Task item: Using the entries below, output exactly the line containing "Distinct (all_held held m.members)" and all lines that follow it to the end.
------ Data extracts
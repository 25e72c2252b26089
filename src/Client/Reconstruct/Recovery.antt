-- ===== src/Client/Reconstruct/Recovery.antt =====
-- Reconstruct of client/reconstruct.go gives the secret back, when enough holders answer.
use mathlib.Core.List.{Memᴰ}
use genomedb.Base.{
  ℕ, ◌≤◌, ◌≡◌, ◌≢◌, refl, sym, ap, ◌∙◌, subst, true, false, List, [], ◌∷◌, ◌++◌, append-nil,
  append_assoc, length, leb, ltb, inl, inr, Bool-cases, Result-cases, Bytes, IsBytes, bytes_eq,
  Result, ok, err, All, All-left, Distinct, arith,
}
use genomedb.Crypto.Shamir.{Share, split, combine}
use genomedb.Crypto.Shamir.Recovery.{combine-split}
use genomedb.Peer.{ShareResponse}
use genomedb.Peer.Client.{fetch_group_share}
use genomedb.Store.{get_manifest}
use genomedb.Store.Tables.{Manifest, Member}
use genomedb.Transport.{Http, Json, HttpError}
use genomedb.Client.Node.{Packages}
use genomedb.Client.World.{World, exchange, ◌>>=◌, pure, query, wrapped}
use genomedb.Client.Reconstruct.{own_share, ask_member, gather_shares, reconstruct}

-- The shares that an answer brings.
abbrev pub shares_in : Result HttpError ShareResponse → List Share
shares_in (err e) = []
shares_in (ok answer) = answer.share ∷ []

abbrev pub all_held : (Member → List Share) → List Member → List Share
all_held held [] = []
all_held held (member ∷ members) = held member ++ all_held held members

Distinct-prefix : {A : Type 0} (xs ys : List A) → Distinct (xs ++ ys) → Distinct xs
Distinct-prefix [] ys h = tt
Distinct-prefix (x ∷ xs) ys h = (All-left (λ z. z ≢ x) xs ys h.0, Distinct-prefix xs ys h.1)

module _ (p : Packages) (h : Http) (json : Json) (Up : h.State → Type 0) where
  -- What a holder gives, for as long as the network is as `Up` says: this node from its store, the
  -- others over the network.
  abbrev pub Gives :
      Manifest → (Member → List Share) → World p.entropy.Source h.State → Member → Type 0
  Gives m held w member =
      (bytes_eq member.node_id w.node.node_id ≡ true
        → own_share p h json m w.node.store ≡ held member)
      × (bytes_eq member.node_id w.node.node_id ≡ false
          → (net : h.State) → Up net
          → (shares_in (fetch_group_share h json member.endpoint m.group_id m.group_token net).0
              ≡ held member)
            × Up (fetch_group_share h json member.endpoint m.group_id m.group_token net).1)

  ask_member_lem :
      (m : Manifest) (held : Member → List Share) (member : Member)
      → (w : World p.entropy.Source h.State) → Up w.net
      → Gives m held w member
      → (net : h.State) × (ask_member p h json m member w
          ≡ (ok (held member), record w { net = net }))
        × Up net
  unfolding ask_member exchange ◌>>=◌ pure
  ask_member_lem m held member w up gives =
      elim (Bool-cases (bytes_eq member.node_id w.node.node_id)) [
        | inl same ↦ (w.net, rw (ask_member, same, gives.0 same), up)
        | inr other ↦
            let (given, up') = gives.1 other w.net up in
            (
              (fetch_group_share h json member.endpoint m.group_id m.group_token w.net).1,
              elim (Result-cases
                  (fetch_group_share h json member.endpoint m.group_id m.group_token w.net).0) [
                    | inl (e, failed) ↦ rw (ask_member, other, exchange, sym given, failed)
                    | inr (answer, done) ↦ rw (ask_member, other, exchange, sym given, done)
                  ],
              up',
            )
      ]

  gather_shares_lem :
      (m : Manifest) (held : Member → List Share) (members : List Member) (shares : List Share)
      → (w : World p.entropy.Source h.State) → Up w.net
      → All (Gives m held w) members
      → m.threshold ≤ length (shares ++ all_held held members)
      → (picked rest : List Share) × (net : h.State) × (gather_shares p h json m members shares w
          ≡ (ok picked, record w { net = net }))
        × (picked ++ rest ≡ shares ++ all_held held members)
        × (m.threshold ≤ length picked)
  unfolding gather_shares
  gather_shares_lem m held [] shares w up gives enough = (
    shares,
    [],
    w.net,
    refl,
    refl,
    omega (arith, ap (λ (t : List Share). length t) (append-nil shares)),
  )
  gather_shares_lem m held (member ∷ members) shares w up gives enough =
      elim (Bool-cases (leb m.threshold (length shares))) [
        | inl full ↦ (
          shares,
          all_held held (member ∷ members),
          w.net,
          rw (gather_shares, full),
          refl,
          ground arith,
        )
        | inr short ↦
            let (net, asked, up') = ask_member_lem m held member w up gives.0 in
            let assoc = append_assoc shares (held member) (all_held held members) in
            let (picked, rest, net', run, part, least) =
              gather_shares_lem m held members (shares ++ held member) (record w { net = net }) up'
                gives.1 (subst (λ (t : List Share). m.threshold ≤ length t) (sym assoc) enough) in
            (picked, rest, net', rw (gather_shares, short, asked, asked, run), part ∙ assoc, least)
      ]

  -- Suppose that the manifest of the secret can be read, that a split of bytes with the manifest's
  -- threshold succeeded, that the holders give distinct shares of that split, at least as many as
  -- the threshold, and that asking one holder does not change what the others give. Then Reconstruct
  -- gives the secret, and the node is as before.
  pub reconstruct_lem :
      (secret_name secret : Bytes) (m : Manifest) (total : ℕ) (src src' : p.entropy.Source)
      → (out : List Share) (held : Member → List Share) → (w : World p.entropy.Source h.State)
      → IsBytes secret
      → split p.entropy secret total m.threshold src ≡ ok (out, src')
      → get_manifest p.gcm p.codec secret_name w.node.store ≡ ok m
      → Up w.net
      → All (Gives m held w) m.members
      → All (λ s. Memᴰ s out) (all_held held m.members)
      → Distinct (all_held held m.members)
      → m.threshold ≤ length (all_held held m.members)
      → (net : h.State) × (reconstruct p h json secret_name w ≡ (ok secret, record w { net = net }))
  unfolding reconstruct ◌>>=◌ query wrapped
  reconstruct_lem secret_name secret m total src src' out held w bytes run known up gives from
        distinct enough =
      let (picked, rest, net, gathered, part, least) =
        gather_shares_lem m held m.members [] w up gives enough in
      let combined : combine picked ≡ ok secret =
        combine-split p.entropy secret total m.threshold src src' out picked bytes run
          (All-left (λ s. Memᴰ s out) picked rest
            (subst (λ (t : List Share). All (λ s. Memᴰ s out) t) (sym part) from))
          (Distinct-prefix picked rest (subst (λ (t : List Share). Distinct t) (sym part) distinct))
          least in
      let no_less : ltb (length picked) m.threshold ≡ false = ground arith in
      (net, rw (reconstruct, known, gathered, no_less, combined))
------------
Expected answer:
      → Distinct (all_held held m.members)
      → m.threshold ≤ length (all_held held m.members)
      → (net : h.State) × (reconstruct p h json secret_name w ≡ (ok secret, record w { net = net }))
  unfolding reconstruct ◌>>=◌ query wrapped
  reconstruct_lem secret_name secret m total src src' out held w bytes run known up gives from
        distinct enough =
      let (picked, rest, net, gathered, part, least) =
        gather_shares_lem m held m.members [] w up gives enough in
      let combined : combine picked ≡ ok secret =
        combine-split p.entropy secret total m.threshold src src' out picked bytes run
          (All-left (λ s. Memᴰ s out) picked rest
            (subst (λ (t : List Share). All (λ s. Memᴰ s out) t) (sym part) from))
          (Distinct-prefix picked rest (subst (λ (t : List Share). Distinct t) (sym part) distinct))
          least in
      let no_less : ltb (length picked) m.threshold ≡ false = ground arith in
      (net, rw (reconstruct, known, gathered, no_less, combined))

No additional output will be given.